> **Instructions to follow**: Where the records below reach the line containing "(is_scoped_event organisation_id event_id) db.events s.unique", start transcribing, and end with the line containing "(All-find (λ (y", exactly and with nothing else added.

> **Recorded data**:
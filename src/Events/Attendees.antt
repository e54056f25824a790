-- ===== src/Events/Attendees.antt =====
-- `rsvp` and `cancelRsvp`, src/modules/events/events.service.ts, keep the counter exact and within
-- the capacity.
use ecotrack_api.Common.{
  ==_iff, All-everywhere, All-find, All-map, All-update_change, All-update_found, All-update_where,
  Bool-cases, List, Option, UniqueBy-update_where, [], any, arith, count_and_le, count_pos_of_any,
  count_where, count_where-append, count_where-cong, count_where-delete_where, count_where-deleted,
  count_where-le-delete, count_zero_of_any, delete_where, false, find-UniqueBy, find_holds, inl,
  inr, none, refl, some, sym, true, ℕ, ◌&&◌, ◌++◌, ◌-◌, ◌==◌, ◌∙◌, ◌∷◌, ◌≡◌, ◌≤◌,
}
use ecotrack_api.Db.{Db, EventRow, EventRsvpRow, ok}
use ecotrack_api.Events.{EventFull, is_event, is_rsvp, rsvp_for}
use ecotrack_api.Events.Attendance.{cancel_rsvp, count_down, count_up, is_scoped_event, rsvp}
use ecotrack_api.Events.Capacity.{AttendanceOk, cancel_rsvp_effect, fits, rsvp_effect, rsvp_row}

scoped_id :
    (organisation_id event_id : ℕ) (y : EventRow)
    → is_scoped_event organisation_id event_id y ≡ true
    → y.id ≡ event_id
scoped_id organisation_id event_id y h = ground arith

counted_up :
    (now organisation_id id user_id : ℕ) (rsvps : List EventRsvpRow) (e : EventRow)
    → is_event id e ≡ true
    → e.rsvp_count ≡ count_where (rsvp_for e.id) rsvps
    → (count_up now e).rsvp_count
      ≡ count_where (rsvp_for e.id) (rsvps ++ rsvp_row now organisation_id id user_id ∷ [])
unfolding count_where
counted_up now organisation_id id user_id rsvps e hit h =
    rw (count_where-append (rsvp_for e.id) rsvps (rsvp_row now organisation_id id user_id ∷ []))
      (ground arith)

uncounted :
    (now organisation_id id user_id : ℕ) (rsvps : List EventRsvpRow) (e : EventRow)
    → is_event id e ≡ false
    → e.rsvp_count ≡ count_where (rsvp_for e.id) rsvps
    → e.rsvp_count
      ≡ count_where (rsvp_for e.id) (rsvps ++ rsvp_row now organisation_id id user_id ∷ [])
unfolding count_where
uncounted now organisation_id id user_id rsvps e miss h =
    rw (count_where-append (rsvp_for e.id) rsvps (rsvp_row now organisation_id id user_id ∷ []))
      (ground arith)

once_more :
    (now organisation_id id user_id : ℕ) (rsvps : List EventRsvpRow)
    → any (is_rsvp id user_id) rsvps ≡ false
    → ((e u : ℕ) → count_where (is_rsvp e u) rsvps ≤ 1)
    → (e u : ℕ)
    → count_where (is_rsvp e u) (rsvps ++ rsvp_row now organisation_id id user_id ∷ []) ≤ 1
unfolding count_where
once_more now organisation_id id user_id rsvps new h e u =
    rw (count_where-append (is_rsvp e u) rsvps (rsvp_row now organisation_id id user_id ∷ []))
      (elim (Bool-cases (id == e && user_id == u)) [
        | inl same ↦
            let at : e ≡ id = ground arith in
            let by : u ≡ user_id = ground arith in
            rw (at, by) (ground (arith, count_zero_of_any (is_rsvp id user_id) rsvps new))
        | inr other ↦ ground (arith, h e u)
      ])

-- A successful RSVP, on tables where all of this holds, keeps every counter equal to the number of
-- RSVP rows of its event and within the event's capacity, and gives no user a second row.
pub rsvp-AttendanceOk :
    (organisation_id event_id user_id : ℕ) (db db' : Db) (r : EventFull)
    → AttendanceOk db
    → rsvp organisation_id event_id user_id db ≡ ok (r, db')
    → AttendanceOk db'
rsvp-AttendanceOk organisation_id event_id user_id db db' r s h =
    let (e, found, cases) = rsvp_effect organisation_id event_id user_id db db' r h in
    elim cases [
      | inl (_, same) ↦ rw same s
      | inr (new, room, t, t') ↦
          let at : e.id ≡ event_id =
            scoped_id organisation_id event_id e
              (find_holds (is_scoped_event organisation_id event_id) db.events found) in
          let by_id =
            find-UniqueBy (λ (y : EventRow). y.id) event_id
              (is_scoped_event organisation_id event_id) db.events s.unique
              (scoped_id organisation_id event_id) found in
          let fit =
            (All-find (λ (y : EventRow). fits y.max_attendees y.rsvp_count ≡ true)
              (is_event event_id) db.events s.capped by_id).0 in
          record {
            unique = rw t' (
                UniqueBy-update_where (λ (y : EventRow). y.id) (is_event e.id) (count_up db.clock)
                  db.events (λ y. refl) s.unique);
            counted =
                rw (t, t')
                  (All-update_change _ _ (is_event e.id) (count_up db.clock) db.events
                    (λ y hit c.
                      counted_up db.clock organisation_id e.id user_id db.event_rsvps y hit c)
                    (λ y miss c.
                      uncounted db.clock organisation_id e.id user_id db.event_rsvps y miss c)
                    s.counted);
            capped = rw t' (
                All-update_found (λ (y : EventRow). y.id)
                  (λ (y : EventRow). fits y.max_attendees y.rsvp_count ≡ true) event_id
                  (is_event e.id) (count_up db.clock) db.events e s.unique by_id
                  (λ y q. ground arith) (ground arith) s.capped);
            once =
                rw t (
                  once_more db.clock organisation_id e.id user_id db.event_rsvps (rw at new)
                    s.once);
          }
    ]

pub counted_down :
    (event_id user_id : ℕ) (rsvps : List EventRsvpRow) (e : EventRow) (now : ℕ)
    → any (is_rsvp event_id user_id) rsvps ≡ true
    → ((e u : ℕ) → count_where (is_rsvp e u) rsvps ≤ 1)
    → is_event event_id e ≡ true
    → e.rsvp_count ≡ count_where (rsvp_for e.id) rsvps
    → (count_down now e).rsvp_count
      ≡ count_where (rsvp_for e.id) (delete_where (is_rsvp event_id user_id) rsvps)
counted_down event_id user_id rsvps e now going once hit h =
    let at : e.id ≡ event_id = (==_iff _ _).0 hit in
    let split = count_where-deleted (rsvp_for e.id) (is_rsvp event_id user_id) rsvps in
    let one : count_where (λ x. rsvp_for e.id x && is_rsvp event_id user_id x) rsvps
        ≡ count_where (is_rsvp event_id user_id) rsvps =
      count_where-cong _ _ rsvps (All-everywhere _ (λ x. ground arith) rsvps) in
    let some' = count_pos_of_any (is_rsvp event_id user_id) rsvps going in
    let most = once event_id user_id in omega arith

pub counted_same :
    (event_id user_id : ℕ) (rsvps : List EventRsvpRow) (e : EventRow)
    → is_event event_id e ≡ false
    → e.rsvp_count ≡ count_where (rsvp_for e.id) rsvps
    → e.rsvp_count ≡ count_where (rsvp_for e.id) (delete_where (is_rsvp event_id user_id) rsvps)
counted_same event_id user_id rsvps e miss h =
    h
    ∙ sym (
        count_where-delete_where (rsvp_for e.id) (is_rsvp event_id user_id) rsvps
          (All-everywhere _ (λ x q. ground arith) rsvps))

nobody_left :
    (event_id user_id : ℕ) (rsvps : List EventRsvpRow) (e : EventRow)
    → any (is_rsvp event_id user_id) rsvps ≡ false
    → e.rsvp_count ≡ count_where (rsvp_for e.id) rsvps
    → e.rsvp_count ≡ count_where (rsvp_for e.id) (delete_where (is_rsvp event_id user_id) rsvps)
nobody_left event_id user_id rsvps e absent h =
    let split = count_where-deleted (rsvp_for e.id) (is_rsvp event_id user_id) rsvps in
    let none' = count_zero_of_any (is_rsvp event_id user_id) rsvps absent in
    let le = count_and_le (rsvp_for e.id) (is_rsvp event_id user_id) rsvps in omega arith

pub fits_fewer : (limit : Option ℕ) (n : ℕ) → fits limit n ≡ true → fits limit (n - 1) ≡ true
fits_fewer none n h = refl
fits_fewer (some capacity) n h = ground arith

-- A successful withdrawal, where this holds and nobody has two rows, keeps every counter equal to
-- the number of RSVP rows of its event and within the event's capacity.
pub cancel_rsvp-AttendanceOk :
    (organisation_id event_id user_id : ℕ) (db db' : Db) (r : EventFull)
    → AttendanceOk db
    → cancel_rsvp organisation_id event_id user_id db ≡ ok (r, db')
    → AttendanceOk db'
cancel_rsvp-AttendanceOk organisation_id event_id user_id db db' r s h =
    let (e, found, t, cases) = cancel_rsvp_effect organisation_id event_id user_id db db' r h in
    let once' : (x u : ℕ)
        → count_where (is_rsvp x u) (delete_where (is_rsvp event_id user_id) db.event_rsvps) ≤ 1 =
      λ x u. omega (
        arith,
        s.once x u,
        count_where-le-delete (is_rsvp x u) (is_rsvp event_id user_id) db.event_rsvps,
      ) in
    elim cases [
      | inl (absent, t') ↦ record {
        unique = rw t' s.unique;
        counted =
            rw (t, t')
              (All-map _ _ (λ y c. nobody_left event_id user_id db.event_rsvps y absent c) db.events
                s.counted);
        capped = rw t' s.capped;
        once = rw t once';
      }
      | inr (going, t') ↦ record {
        unique = rw t' (
            UniqueBy-update_where (λ (y : EventRow). y.id) (is_event event_id) (count_down db.clock)
              db.events (λ y. refl) s.unique);
        counted =
            rw (t, t')
              (All-update_change _ _ (is_event event_id) (count_down db.clock) db.events
                (λ y hit c.
                  counted_down event_id user_id db.event_rsvps y db.clock going s.once hit c)
                (λ y miss c. counted_same event_id user_id db.event_rsvps y miss c) s.counted);
        capped = rw t' (
            All-update_where (λ (y : EventRow). fits y.max_attendees y.rsvp_count ≡ true)
              (is_event event_id) (count_down db.clock) db.events
              (λ y hit c. fits_fewer y.max_attendees y.rsvp_count c) s.capped);
        once = rw t once';
      }
    ]
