-- ===== src/Tasks/Creation.antt =====
-- TasksService.create, src/modules/tasks/tasks.service.ts.
use ecotrack_api.Common.{Option, String, [], get_or, if◌then◌else◌, none, some, ℕ, ◌++◌, ◌<>◌, ◌∷◌}
use ecotrack_api.Db.{
  IncidentRow, MetaValue, NotificationType, Request, TaskPriority, TaskRow, TaskStatus,
  WorkflowStageRow, bad_request, execute, fresh_id, or_throw, pure, query, ◌>>=◌, ◌>>◌,
}
use ecotrack_api.Incidents.{find_scoped_incident}
use ecotrack_api.Incidents.Actions.{is_verified}
use ecotrack_api.Incidents.Advance.{auto_advance}
use ecotrack_api.Platform.Audit.{record_audit}
use ecotrack_api.Platform.Notifications.{notify}
use ecotrack_api.Tasks.{
  TaskFull, assert_active_volunteer, find_task, insert_assignment, new_assignment,
  schedule_due_reminder, task_entry, task_notice,
}
use ecotrack_api.Workflow.Rules.{CreationTrigger, StageRuleTrigger, assert_required_stage}
use ecotrack_api.Workflow.Stages.{find_by_id}

-- CreateTaskDto
pub record CreateTask : Type 0 where
  pub incident_id : ℕ
  pub title : String
  pub description : Option String
  pub assigned_to : ℕ
  pub due_date : ℕ
  pub priority : Option TaskPriority

abbrev pub new_task : ℕ → ℕ → ℕ → ℕ → CreateTask → TaskRow
new_task now id organisation_id created_by_user_id d = record {
  id = id;
  organisation_id = organisation_id;
  incident_id = d.incident_id;
  title = d.title;
  description = d.description;
  priority = get_or d.priority TaskPriority.medium;
  due_date = d.due_date;
  status = TaskStatus.pending;
  started_at = none;
  completed_at = none;
  created_by_user_id = some created_by_user_id;
  created_at = now;
  updated_at = now;
}

-- `verificationStatus !== APPROVED || !currentStageId`: the stage of an approved incident.
abbrev pub approved_stage : IncidentRow → Option ℕ
approved_stage i = if is_verified i.verification_status then i.current_stage_id else none

-- The checks of `create`; the result is the incident's current stage.
unfoldable pub check_creation : ℕ → CreateTask → Request WorkflowStageRow
check_creation organisation_id d = do
  incident ← find_scoped_incident organisation_id d.incident_id
  at ←
      or_throw (approved_stage incident)
        (bad_request "A cleanup task can only be created from a claimed incident")
  current ← find_by_id at
  assert_required_stage organisation_id CreationTrigger.task_creation current
  assert_active_volunteer organisation_id d.assigned_to
  pure current

-- The inserts and messages of `create`.
unfoldable pub write_task : ℕ → ℕ → CreateTask → Request TaskRow
write_task organisation_id created_by_user_id d = do
  now ← query λ db. db.clock
  id ← fresh_id
  let saved = new_task now id organisation_id created_by_user_id d
  execute λ db. record db { tasks = db.tasks ++ saved ∷ [] }
  assignment_id ← fresh_id
  insert_assignment (new_assignment now assignment_id organisation_id id d.assigned_to)
  schedule_due_reminder id d.due_date
  record_audit (
      task_entry organisation_id created_by_user_id "task.created" id
        (some (("assignedTo", MetaValue.uuid d.assigned_to) ∷ [])))
  notify (
      task_notice organisation_id id NotificationType.task_assigned "New cleanup task assigned"
        ("You have been assigned to: " <> d.title) d.assigned_to)
  pure saved

unfoldable pub create_task : ℕ → ℕ → CreateTask → Request TaskFull
create_task organisation_id created_by_user_id d = do
  current ← check_creation organisation_id d
  saved ← write_task organisation_id created_by_user_id d
  auto_advance organisation_id d.incident_id StageRuleTrigger.task_creation current
      created_by_user_id "task.created"
  find_task saved.id
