-- ===== src/Events/Creation.antt =====
-- EventsService.create, src/modules/events/events.service.ts.
use ecotrack_api.Common.{Bool, List, Option, String, [], any, false, some, ℕ, ◌++◌, ◌==◌, ◌||◌, ◌∷◌}
use ecotrack_api.Db.{
  EventIncidentRow, EventRow, EventStatus, GeographyPoint, MetaValue, Request, WorkflowStageRow,
  bad_request, execute, for_each, fresh_id, internal, or_throw, pure, query, throw_if, ◌>>=◌, ◌>>◌,
}
use ecotrack_api.Events.{EventFull, event_entry, find_event, schedule_reminder}
use ecotrack_api.Incidents.{find_scoped_incident}
use ecotrack_api.Incidents.Advance.{auto_advance}
use ecotrack_api.Platform.Audit.{record_audit}
use ecotrack_api.Tasks.Creation.{approved_stage}
use ecotrack_api.Workflow.Rules.{CreationTrigger, StageRuleTrigger, assert_required_stage}
use ecotrack_api.Workflow.Stages.{find_by_id}

-- CreateEventDto
pub record CreateEvent : Type 0 where
  pub incident_ids : List ℕ
  pub title : String
  pub description : Option String
  pub location : GeographyPoint
  pub scheduled_at : ℕ
  pub ends_at : ℕ
  pub max_attendees : Option ℕ

-- The loop that validates every incident and gathers its current stage, before any write.
unfoldable pub gather : ℕ → List ℕ → Request (List (ℕ × WorkflowStageRow))
gather organisation_id [] = pure []
gather organisation_id (incident_id ∷ ids) = do
  incident ← find_scoped_incident organisation_id incident_id
  at ←
      or_throw (approved_stage incident)
        (bad_request "Incident can only be linked to an event once claimed")
  current ← find_by_id at
  assert_required_stage organisation_id CreationTrigger.event_creation current
  rest ← gather organisation_id ids
  pure ((incident_id, current) ∷ rest)

abbrev pub new_event : ℕ → ℕ → ℕ → ℕ → CreateEvent → EventRow
new_event now id organisation_id created_by_user_id d = record {
  id = id;
  organisation_id = organisation_id;
  title = d.title;
  description = d.description;
  location = d.location;
  scheduled_at = d.scheduled_at;
  ends_at = d.ends_at;
  max_attendees = d.max_attendees;
  status = EventStatus.scheduled;
  rsvp_count = 0;
  created_by_user_id = some created_by_user_id;
  updated_at = now;
}

-- PRIMARY KEY (event_id, incident_id): the list of a new event's links may not repeat an incident.
unfoldable pub repeats : List ℕ → Bool
repeats [] = false
repeats (id ∷ ids) = any (λ other. other == id) ids || repeats ids

unfoldable pub links_from : ℕ → ℕ → List ℕ → List EventIncidentRow
links_from organisation_id event_id [] = []
links_from organisation_id event_id (id ∷ ids) =
    record { organisation_id = organisation_id; event_id = event_id; incident_id = id }
    ∷ links_from organisation_id event_id ids

-- The inserts of `create`.
unfoldable pub write_event : ℕ → ℕ → CreateEvent → Request EventRow
write_event organisation_id created_by_user_id d = do
  now ← query λ db. db.clock
  id ← fresh_id
  let saved = new_event now id organisation_id created_by_user_id d
  execute λ db. record db { events = db.events ++ saved ∷ [] }
  throw_if (repeats d.incident_ids) (internal "duplicate key value violates unique constraint")
  execute λ db. record db {
    event_incidents = db.event_incidents ++ links_from organisation_id id d.incident_ids;
  }
  schedule_reminder id d.scheduled_at
  record_audit (
      event_entry organisation_id created_by_user_id "event.created" id
        (some (("incidentIds", MetaValue.uuids d.incident_ids) ∷ [])))
  pure saved

unfoldable pub create_event : ℕ → ℕ → CreateEvent → Request EventFull
create_event organisation_id created_by_user_id d = do
  stages ← gather organisation_id d.incident_ids
  saved ← write_event organisation_id created_by_user_id d
  for_each stages λ (incident_id, current).
      auto_advance organisation_id incident_id StageRuleTrigger.event_creation current
        created_by_user_id "event.created"
  find_event saved.id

> **Your response**:
              (is_scoped_event organisation_id event_id) db.events s.unique
              (scoped_id organisation_id event_id) found in
          let fit =
            (All-find (λ (y : EventRow). fits y.max_attendees y.rsvp_count ≡ true)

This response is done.